En regardant cette photo de SirDeck postée en mars dernier :
.
j'ai de nouveau huit ans, guignant par un trou de serrure un pan secret de la vie des autres. Parce qu'au moment de prendre cette photo, l'œil de SirDeck dans le cadrage en portrait de son appareil avait huit ans. Il me redonne les huit ans de son regard, et je lui donne mes mots.
Nous épions par dessus un portillon de bois blanc à claire-voie occultée, un paysage fermé par un horizon superposant dans un même plan vertical un mur de façade gris beige et un mur de ciel nuageux gris bleu. Horizon aussi plan qu'un décor de théâtre peint sur une toile. Horizon bouché d'absence d'illusion perspective.

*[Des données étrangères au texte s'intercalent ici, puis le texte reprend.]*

-- ===== src/Lib.antt =====
-- Previously On: a local service that keeps what happened in coding sessions, and hands the part
-- that still holds over to the next session.
--
-- The hook and the servers write events into a store. From the store's projections a context pack
-- is built for a task: facts backed by verified evidence, open items, files and tests, within a
-- budget of tokens. Regression contracts say which tests must pass when certain files change; a
-- continuation of a task in a new session is evaluated against them.
--
-- The modules, and the code that they model:
--   Prelude           what the standard library of the source gives: Boolean tests, orders, lists,
--                     stable sort and dedup, text, and maps with sorted keys
--   Domain            src/domain.rs: enumerations and records; Domain/Coverage is `CoverageStatus`
--                     and `CoverageV1`, Domain/Temporal is `bounded_for_context_pack` and
--                     `minimized_against`, Domain/Tasks tasks, grouping operations and
--                     `deterministic_id`, Domain/Sessions sessions
--   Json              values of `serde_json`
--   Redaction         src/redaction.rs: `redact_text`, `redact_excerpt`, `cap_chars`;
--                     Redaction/Value is `redact_value` with `is_sensitive_key`
--   EventStore        src/store.rs and src/store/projection.rs: `insert_event_inner` and what it
--                     calls, `load_events`, `list_session_events`; the event envelope of
--                     src/domain.rs
--   ContextPack       src/context_pack.rs: data and errors; ContextPack/Select has the filters, the
--                     orders and the limits of `build`, ContextPack/Budget `stabilize_token_count`
--                     and the loop, and ContextPack/Build `build` as a whole
--   Git               `parse_name_status` and `normalize_path` of src/git.rs
--   RepositoryPath    `validated_repository_relative_path` of src/git.rs, and `is_sensitive_path`
--                     of src/redaction.rs
--   Contracts         src/contracts.rs: data; Contracts/Token is `contains_literal_token`,
--                     Contracts/Match `match_contracts_for_changes`, Contracts/Match/Hunks
--                     `merge_changed_hunks`, Contracts/Evaluation `evaluation_from_match`,
--                     Contracts/Argv `interpreter_uses_inline_evaluation` and what else is asked of
--                     a command, Contracts/RequiredTest `validate_required_test`, and
--                     Contracts/Validate `validate_contract` and `validate_loaded_contracts`;
--                     Contracts/Checked has the errors, and checks in a row
--   Continuation      src/continuation.rs: Continuation/Evidence is `apply_prior_test_evidence`
--                     and the end of `evaluate_contract_handoff`; Continuation/Rollover has the
--                     data of a rollover and its records, and below it Program the calls, Source
--                     the checks up to `operation_events`, Records the events that are written,
--                     Handoff `prepare_handoff`, and Execute the rest of
--                     `execute_automatic_rollover_with_program`. Once runs rollovers side by side,
--                     Returns and Leaves run one on its own, and Keys and Writes have the rows
--                     that one may add
--   Grouping          `inverse` of src/grouping.rs, the checks of the sessions in
--                     `claim_task_grouping_operation` of src/store/operations.rs, and the loop over
--                     session moves in `apply_task_grouping_projection` of src/store/projection.rs
--   BoundedIo         src/bounded_io.rs: `read_bounded_line`
--
-- State is passed explicitly, and a fallible function returns a result type of its own. Times are
-- natural numbers: nanoseconds since the Unix epoch. A token count is taken modulo 2 ^ 32, as
-- `len() as u32` takes it. A set that the code gathers is a list here, put in order and freed of
-- repetitions where the code turns it into a `Vec`. The loop of `build` runs on fuel, one round more
-- than the pack has items, since each round but the last drops one. A reader is the list of what its
-- calls of `fill_buf` give, so the loops that read one are structural.
--
-- A rollover is a tree of calls, whose branches are what may come back: an answer or an error. The
-- reads and writes of the table of events are done on the table; the answers of the app server, of
-- git, of the projections and of the clock are arbitrary, and a theorem that needs an answer says so.
-- One step of one rollover is one call, so that the steps of several take turns; a rollover that is
-- killed takes no more steps. A purge, which deletes events, is not among the steps. In the search
-- for a fresh key the fuel is the number of keys that may be in the way.
--
-- Parameters stand for code that is not of the repository: the compiled regular expressions
-- (`Patterns`), SHA-256 in hexadecimal, the JSON writer and the tokenizer (`Codec`),
-- `char::is_alphanumeric`, the parser of UUIDs, and the clock. An error of validation names the
-- contract or the field; the words of its message are left out. Paths are those of Unix.
--
-- Not modelled: the SQL of the store beyond the table of events, the claims of its operations and its
-- projections, the HTTP and MCP servers, the client of the app server and the other processes, git,
-- the file system, configuration and setup, which are input and output; the hook policies, the
-- relationship graph; and in the modelled files the projection of checkpoints, the reads that find the
-- contracts of a handoff, the preview of a grouping, and the rows and facts that follow a session.
pub mod Prelude
pub mod BoundedIo
pub mod ContextPack
pub mod Continuation
pub mod Contracts
pub mod Domain
pub mod EventStore
pub mod Git
pub mod Grouping
pub mod Json
pub mod Redaction
pub mod RepositoryPath
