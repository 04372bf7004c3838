-- ===== src/Prelude/Order.antt =====
-- Comparison functions (Rust's `Ord` and `Ordering`): laws that composed comparisons keep.
use Prim.Native.Nat.{compare, Ordering}
use Prim.Native.Nat.Ordering.{lt, eq, gt}
use Prim.Native.Char.{code}
use Prim.Native.String.{String}
use mathlib.Core.Path.{◌≡◌, refl}
use mathlib.Core.Option.{Option, none, some}
use native.Mathlib.Omega.{arith}

abbrev pub flip : Ordering → Ordering
flip lt = gt
flip eq = eq
flip gt = lt

-- `Ordering::then`: the first difference decides.
abbrev pub then_cmp : Ordering → Ordering → Ordering
then_cmp lt o = lt
then_cmp eq o = o
then_cmp gt o = gt

-- A comparison that is a total preorder: `eq` means that the two cannot be told apart.
pub record IsOrder {ℓ} {A : Type ℓ} (cmp : A → A → Ordering) : Type ℓ where
  pub flips : (a b : A) → cmp b a ≡ flip (cmp a b)
  pub alike : (a b c : A) → cmp a b ≡ eq → cmp a c ≡ cmp b c
  pub lt_trans : (a b c : A) → cmp a b ≡ lt → cmp b c ≡ lt → cmp a c ≡ lt

pub compare-IsOrder : IsOrder compare
compare-IsOrder = record {
  flips = λ a b. ground arith;
  alike = λ a b c h. ground arith;
  lt_trans = λ a b c h k. ground arith;
}

module _ {ℓ κ} {A : Type ℓ} {B : Type κ} (key : A → B) {cmp : B → B → Ordering} where
  pub by_key-IsOrder : IsOrder cmp → IsOrder (λ a b. cmp (key a) (key b))
  by_key-IsOrder o = record {
    flips = λ a b. o.flips (key a) (key b);
    alike = λ a b c. o.alike (key a) (key b) (key c);
    lt_trans = λ a b c. o.lt_trans (key a) (key b) (key c);
  }

module _ {ℓ} {A : Type ℓ} {cmp : A → A → Ordering} where
  -- `Reverse`.
  pub reverse-IsOrder : IsOrder cmp → IsOrder (λ a b. cmp b a)
  reverse-IsOrder o = record {
    flips = λ a b. o.flips b a;
    alike = λ a b c h.
        ground (arith, o.flips a b, o.flips b a, o.flips c a, o.flips c b, o.alike a b c);
    lt_trans = λ a b c h k. o.lt_trans c b a k h;
  }

module _ {ℓ} {A : Type ℓ} {cmp cmp' : A → A → Ordering} where
  -- The comparison of a tuple: its parts in turn.
  pub then_cmp-IsOrder : IsOrder cmp → IsOrder cmp' → IsOrder (λ a b. then_cmp (cmp a b) (cmp' a b))
  then_cmp-IsOrder o o' = record {
    flips = λ a b. ground (arith, o.flips a b, o'.flips a b);
    alike = λ a b c h. ground (arith, o.alike a b c, o'.alike a b c);
    lt_trans = λ a b c h k. ground (
      arith,
      o.alike a b c,
      o'.alike a b c,
      o.lt_trans a b c,
      o'.lt_trans a b c,
      o.flips a b,
      o.flips b c,
      o.flips a c,
      o.alike b c a,
      o.alike c b a,
    );
  }

-- `None` comes before `Some`.
abbrev pub option_cmp {ℓ} : {A : Type ℓ} → (A → A → Ordering) → Option A → Option A → Ordering
option_cmp cmp none none = eq
option_cmp cmp none (some b) = lt
option_cmp cmp (some a) none = gt
option_cmp cmp (some a) (some b) = cmp a b

abbrev pub text_cmp : String → String → Ordering
text_cmp String.[] String.[] = eq
text_cmp String.[] (String.◌∷◌ d t) = lt
text_cmp (String.◌∷◌ c s) String.[] = gt
text_cmp (String.◌∷◌ c s) (String.◌∷◌ d t) = then_cmp (compare (code c) (code d)) (text_cmp s t)

text_cmp-flips : (s t : String) → text_cmp t s ≡ flip (text_cmp s t)
text_cmp-flips String.[] String.[] = refl
text_cmp-flips String.[] (String.◌∷◌ d t) = refl
text_cmp-flips (String.◌∷◌ c s) String.[] = refl
text_cmp-flips (String.◌∷◌ c s) (String.◌∷◌ d t) = ground (arith, text_cmp-flips s t)

text_cmp-alike : (s t u : String) → text_cmp s t ≡ eq → text_cmp s u ≡ text_cmp t u
text_cmp-alike String.[] String.[] u h = refl
text_cmp-alike String.[] (String.◌∷◌ d t) u h = ground arith
text_cmp-alike (String.◌∷◌ c s) String.[] u h = ground arith
text_cmp-alike (String.◌∷◌ c s) (String.◌∷◌ d t) String.[] h = refl
text_cmp-alike (String.◌∷◌ c s) (String.◌∷◌ d t) (String.◌∷◌ e u) h =
    ground (arith, text_cmp-alike s t u)

text_cmp-lt_trans : (s t u : String) → text_cmp s t ≡ lt → text_cmp t u ≡ lt → text_cmp s u ≡ lt
text_cmp-lt_trans String.[] String.[] u h k = ground arith
text_cmp-lt_trans String.[] (String.◌∷◌ d t) String.[] h k = ground arith
text_cmp-lt_trans String.[] (String.◌∷◌ d t) (String.◌∷◌ e u) h k = refl
text_cmp-lt_trans (String.◌∷◌ c s) String.[] u h k = ground arith
text_cmp-lt_trans (String.◌∷◌ c s) (String.◌∷◌ d t) String.[] h k = ground arith
text_cmp-lt_trans (String.◌∷◌ c s) (String.◌∷◌ d t) (String.◌∷◌ e u) h k =
    ground (arith, text_cmp-lt_trans s t u)

-- The order of texts by code points, which is that of their UTF-8 bytes.
pub text_cmp-IsOrder : IsOrder text_cmp
text_cmp-IsOrder = record {
  flips = text_cmp-flips;
  alike = text_cmp-alike;
  lt_trans = text_cmp-lt_trans;
}

pub option_cmp-IsOrder {ℓ} :
    {A : Type ℓ} {cmp : A → A → Ordering} → IsOrder cmp → IsOrder (option_cmp cmp)
option_cmp-IsOrder o = record {
  flips = elim [
    | none ↦ elim [ none ↦ refl | some b ↦ refl ]
    | some a ↦ elim [ none ↦ refl | some b ↦ o.flips a b ]
  ];
  alike = elim [
    | none ↦ elim [ none ↦ λ c h. refl | some b ↦ λ c h. ground arith ]
    | some a ↦ elim [
      | none ↦ λ c h. ground arith
      | some b ↦ elim [ none ↦ λ h. refl | some c ↦ λ h. o.alike a b c h ]
    ]
  ];
  lt_trans = elim [
    | none ↦ elim [
      | none ↦ λ c h k. ground arith
      | some b ↦ elim [ none ↦ λ h k. ground arith | some c ↦ λ h k. refl ]
    ]
    | some a ↦ elim [
      | none ↦ λ c h k. ground arith
      | some b ↦ elim [ none ↦ λ h k. ground arith | some c ↦ λ h k. o.lt_trans a b c h k ]
    ]
  ];
}
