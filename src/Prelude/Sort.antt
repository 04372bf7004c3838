-- ===== src/Prelude/Sort.antt =====
-- A stable sort by a comparison (`slice::sort_by`), neighbours merged (`Vec::dedup_by`), and the
-- elements of a `BTreeSet` in order.
use Prim.Native.Nat.{Ordering}
use Prim.Native.Nat.Ordering.{lt, eq, gt}
use Prim.Native.String.{String}
use mathlib.Core.Path.{◌≡◌, refl}
use mathlib.Core.Logic.{◌≢◌, inl, inr}
use mathlib.Core.Bool.{Bool}
use mathlib.Core.List.{List, [], ◌∷◌, Perm}
use mathlib.Core.List.Perm
use native.Mathlib.Omega.{arith}
use previously_on.Prelude.Tests.{if◌then◌else◌, ◌==◌, string_partial_eq, Bool-cases}
use previously_on.Prelude.Order.{IsOrder, text_cmp}
use previously_on.Prelude.Lists.{All, All-map}

module _ {ℓ} {A : Type ℓ} where
  -- Where `x` goes before a list whose head is `y`: at once, or into the rest.
  unfoldable pub place : Ordering → A → A → List A → List A → List A
  place gt x y ys rest = y ∷ rest
  place lt x y ys rest = x ∷ y ∷ ys
  place eq x y ys rest = x ∷ y ∷ ys

  -- A new element goes before its equals: those stood behind it.
  unfoldable pub insert_sorted : (A → A → Ordering) → A → List A → List A
  unfolding place
  insert_sorted cmp x [] = x ∷ []
  insert_sorted cmp x (y ∷ ys) = place (cmp x y) x y ys (insert_sorted cmp x ys)

  unfoldable pub sort_by : (A → A → Ordering) → List A → List A
  unfolding insert_sorted
  sort_by cmp [] = []
  sort_by cmp (x ∷ xs) = insert_sorted cmp x (sort_by cmp xs)

  -- `a` may stand before `b`.
  abbrev pub Precedes : (A → A → Ordering) → A → A → Type 0
  Precedes cmp a b = cmp a b ≢ gt

  -- Every element may stand before all that follow it.
  abbrev pub IsSorted : (A → A → Ordering) → List A → Type 0
  IsSorted cmp [] = Unit
  IsSorted cmp (x ∷ xs) = All (Precedes cmp x) xs × IsSorted cmp xs

  perm-place :
      (o : Ordering) (x y : A) {ys rest : List A}
      → Perm rest (x ∷ ys)
      → Perm (place o x y ys rest) (x ∷ y ∷ ys)
  unfolding place
  perm-place lt x y {ys} h = Perm.refl (x ∷ y ∷ ys)
  perm-place eq x y {ys} h = Perm.refl (x ∷ y ∷ ys)
  perm-place gt x y {ys} h = Perm.trans (Perm.cons y h) (Perm.swap x y ys)

  perm-insert_sorted :
      (cmp : A → A → Ordering) (x : A) (xs : List A) → Perm (insert_sorted cmp x xs) (x ∷ xs)
  unfolding insert_sorted
  perm-insert_sorted cmp x [] = Perm.refl (x ∷ [])
  perm-insert_sorted cmp x (y ∷ ys) = perm-place (cmp x y) x y (perm-insert_sorted cmp x ys)

  -- The sort rearranges its input.
  pub perm-sort_by : (cmp : A → A → Ordering) (xs : List A) → Perm (sort_by cmp xs) xs
  unfolding sort_by
  perm-sort_by cmp [] = Perm.refl []
  perm-sort_by cmp (x ∷ xs) =
      Perm.trans (perm-insert_sorted cmp x (sort_by cmp xs)) (Perm.cons x (perm-sort_by cmp xs))

module _ {ℓ κ} {A : Type ℓ} (P : A → Type κ) (cmp : A → A → Ordering) where
  All-place :
      (o : Ordering) (x y : A) (ys rest : List A)
      → P x
      → All P (y ∷ ys)
      → All P rest
      → All P (place o x y ys rest)
  unfolding place
  All-place lt x y ys rest hx h hr = (hx, h)
  All-place eq x y ys rest hx h hr = (hx, h)
  All-place gt x y ys rest hx h hr = (h.0, hr)

  All-insert_sorted : (x : A) (xs : List A) → P x → All P xs → All P (insert_sorted cmp x xs)
  unfolding insert_sorted
  All-insert_sorted x [] hx h = (hx, tt)
  All-insert_sorted x (y ∷ ys) hx h =
      All-place (cmp x y) x y ys (insert_sorted cmp x ys) hx h (All-insert_sorted x ys hx h.1)

  pub All-sort_by : (xs : List A) → All P xs → All P (sort_by cmp xs)
  unfolding sort_by
  All-sort_by [] h = tt
  All-sort_by (x ∷ xs) h = All-insert_sorted x (sort_by cmp xs) h.0 (All-sort_by xs h.1)

module _ {ℓ} {A : Type ℓ} {cmp : A → A → Ordering} (o : IsOrder cmp) where
  pub Precedes-trans : (a b c : A) → Precedes cmp a b → Precedes cmp b c → Precedes cmp a c
  Precedes-trans a b c h k =
      ground (
        arith,
        o.alike a b c,
        o.lt_trans a b c,
        o.alike b c a,
        o.flips a b,
        o.flips b c,
        o.flips a c,
      )

  Precedes-flip : (a b : A) → cmp a b ≡ gt → Precedes cmp b a
  Precedes-flip a b h = ground (arith, o.flips a b)

  place-IsSorted :
      (x y : A) (ys rest : List A) (r : Ordering)
      → cmp x y ≡ r
      → IsSorted cmp (y ∷ ys)
      → All (Precedes cmp y) rest
      → IsSorted cmp rest
      → IsSorted cmp (place r x y ys rest)
  unfolding place
  place-IsSorted x y ys rest lt e s h k =
      let before : Precedes cmp x y = ground arith in
      ((before, All-map (λ c. Precedes-trans x y c before) ys s.0), s)
  place-IsSorted x y ys rest eq e s h k =
      let before : Precedes cmp x y = ground arith in
      ((before, All-map (λ c. Precedes-trans x y c before) ys s.0), s)
  place-IsSorted x y ys rest gt e s h k = (h, k)

  behind :
      (x y : A) (ys : List A) (r : Ordering)
      → cmp x y ≡ r
      → IsSorted cmp (y ∷ ys)
      → IsSorted cmp (insert_sorted cmp x ys)
      → IsSorted cmp (place r x y ys (insert_sorted cmp x ys))
  behind x y ys gt e s k =
      place-IsSorted x y ys (insert_sorted cmp x ys) gt e s
        (All-insert_sorted (Precedes cmp y) cmp x ys (Precedes-flip x y e) s.0) k
  behind x y ys lt e s k = unfold place in place-IsSorted x y ys [] lt e s tt tt
  behind x y ys eq e s k = unfold place in place-IsSorted x y ys [] eq e s tt tt

  insert_sorted-IsSorted :
      (x : A) (xs : List A) → IsSorted cmp xs → IsSorted cmp (insert_sorted cmp x xs)
  unfolding insert_sorted
  insert_sorted-IsSorted x [] s = (tt, tt)
  insert_sorted-IsSorted x (y ∷ ys) s =
      behind x y ys (cmp x y) refl s (insert_sorted-IsSorted x ys s.1)

  -- The sort leaves a sorted list.
  pub sort_by-IsSorted : (xs : List A) → IsSorted cmp (sort_by cmp xs)
  unfolding sort_by
  sort_by-IsSorted [] = tt
  sort_by-IsSorted (x ∷ xs) = insert_sorted-IsSorted x (sort_by cmp xs) (sort_by-IsSorted xs)

module _ {ℓ} {A : Type ℓ} where
  -- `x` is kept, and what follows is dropped while it is the same as the last element kept.
  dedup_from : (A → A → Bool) → A → List A → List A
  dedup_from same x [] = x ∷ []
  dedup_from same x (y ∷ ys) =
      let dropped = dedup_from same x ys in
      let kept = x ∷ dedup_from same y ys in if same y x then dropped else kept

  unfoldable pub dedup_by : (A → A → Bool) → List A → List A
  unfolding dedup_from
  dedup_by same [] = []
  dedup_by same (x ∷ xs) = dedup_from same x xs

module _ {ℓ κ} {A : Type ℓ} (P : A → Type κ) (same : A → A → Bool) where
  All-dedup_from : (x : A) (xs : List A) → P x → All P xs → All P (dedup_from same x xs)
  unfolding dedup_from
  All-dedup_from x [] hx h = (hx, tt)
  All-dedup_from x (y ∷ ys) hx h = elim (Bool-cases (same y x)) [
    | inl e ↦ rw (e, dedup_from) (All-dedup_from x ys hx h.1)
    | inr e ↦ rw (e, dedup_from) (hx, All-dedup_from y ys h.0 h.1)
  ]

  pub All-dedup_by : (xs : List A) → All P xs → All P (dedup_by same xs)
  unfolding dedup_by
  All-dedup_by [] h = tt
  All-dedup_by (x ∷ xs) h = All-dedup_from x xs h.0 h.1

module _ {ℓ} {A : Type ℓ} (cmp : A → A → Ordering) (same : A → A → Bool) where
  dedup_from-IsSorted :
      (x : A) (xs : List A)
      → All (Precedes cmp x) xs
      → IsSorted cmp xs
      → IsSorted cmp (dedup_from same x xs)
  unfolding dedup_from
  dedup_from-IsSorted x [] hx s = (tt, tt)
  dedup_from-IsSorted x (y ∷ ys) hx s = elim (Bool-cases (same y x)) [
    | inl e ↦ rw (e, dedup_from) (dedup_from-IsSorted x ys hx.1 s.1)
    | inr e ↦
        rw (e, dedup_from)
          (All-dedup_from (Precedes cmp x) same y ys hx.0 hx.1, dedup_from-IsSorted y ys s.0 s.1)
  ]

  pub dedup_by-IsSorted : (xs : List A) → IsSorted cmp xs → IsSorted cmp (dedup_by same xs)
  unfolding dedup_by
  dedup_by-IsSorted [] s = tt
  dedup_by-IsSorted (x ∷ xs) s = dedup_from-IsSorted x xs s.0 s.1

-- Sorted texts with no repetition: a `BTreeSet<String>`, or `sort` and then `dedup`.
unfoldable pub sort_dedup : List String → List String
unfolding sort_by dedup_by
sort_dedup xs = dedup_by (λ a b. a == b) (sort_by text_cmp xs)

Entre le claustra du portillon et la clôture verticale de cet horizon, s'incruste une profondeur confinée dans sa profondeur entre ces deux limites. Une profondeur étriquée, une profondeur dissimulée, une profondeur secrète. De ces profondeurs désespérées, coincées entre les murs d'enceinte d'un enfermement.
Dans des tons bruns qui font contraste avec la blancheur grisâtre des frontières, en contre-bas d'une sorte de rempart vétuste, part en diagonale le corridor écourté d'une vie secrète minuscule. Un corridor fleuri de couleurs passées : bleu, rouge, et marron.
Un soin du détail méticuleux affecte ce corridor aperçu d'en haut, commme ces cours ouvertes à la déambulation de prisonniers où plonge d'une tour le regard d'un gardien. Peinture bleu marine de la porte d'acccès, tuiles romaines protectrices de son linteau, bois de stère de chauffage bien empilé, cheneaux métalliques de protection contre la pluie, échelle couchée à l'horizontale sur les cheneaux, baches, vase en grès, poubelle réceptrice d'eau de pluie sous un tuyau d'écoulement, tapis anti-boue sur le sol du passage, végétation rudérale improvisant un Eden sauvage.
Passage d'une profondeur secrète dérobée, rendu quasi fantastique par la présence d'anomalies. Où peut donc ouvrir cette porte bleu marine, dans ce qui se figure un mur de clôture, si le mur gris surplombant de l'habitation du fond n'est pas plus espacé de l'encadrement de cette porte qu'un court jambage que l'on entrevoit sous les cheminées ? Encore un corridor derrière le corridor... Et le mur d'adossement du bois de stère du passage, se trouve manifestement séparé du rempart vertical de l'immeuble de droite encore par un espace où se creuse un passage dissimulé. Sur lequel donnent deux ouvertures encadrées de bleu et de rouge, uniquement percées dans un contrefort sans épaisseur soudant le mur de clôture du fond du passage à la verticale du rempart. Un fil électrique enjambant le haut du contrefort, pour redescendre s'enfoncer dans le plein du mur du rempart.
Une complexité de l'insolite déroute l'imagination, dans le confinement sévère de la restriction de perspective. Qui donc franchit régulièrement cette porte bleue sans arrière, pour s'avancer dans cette ruelle fantastique sans issue ? Qui donc hante ce tableau fait de lignes diagonales descendantes de droite à gauche, avec une diagonale inverse remontante incrustant la profondeur étriquée d'un passage ? Qui donc s'avance dans l'impasse minuscule de ce passage, pour y retrouver, jour après jour, le secret poignant de l'impartageable ? Car ce paysage est un portrait, le portrait d'une figure absente, que SirDeck nous présente dans cette photo d'un paysage en portrait.
J'aurais voulu dire ce qui m'accrochait tellement à cette photo de SirDeck, que j'ai tant de fois remis à plus tard de dire, et que je viens d'échouer à dire, je m'en rends compte.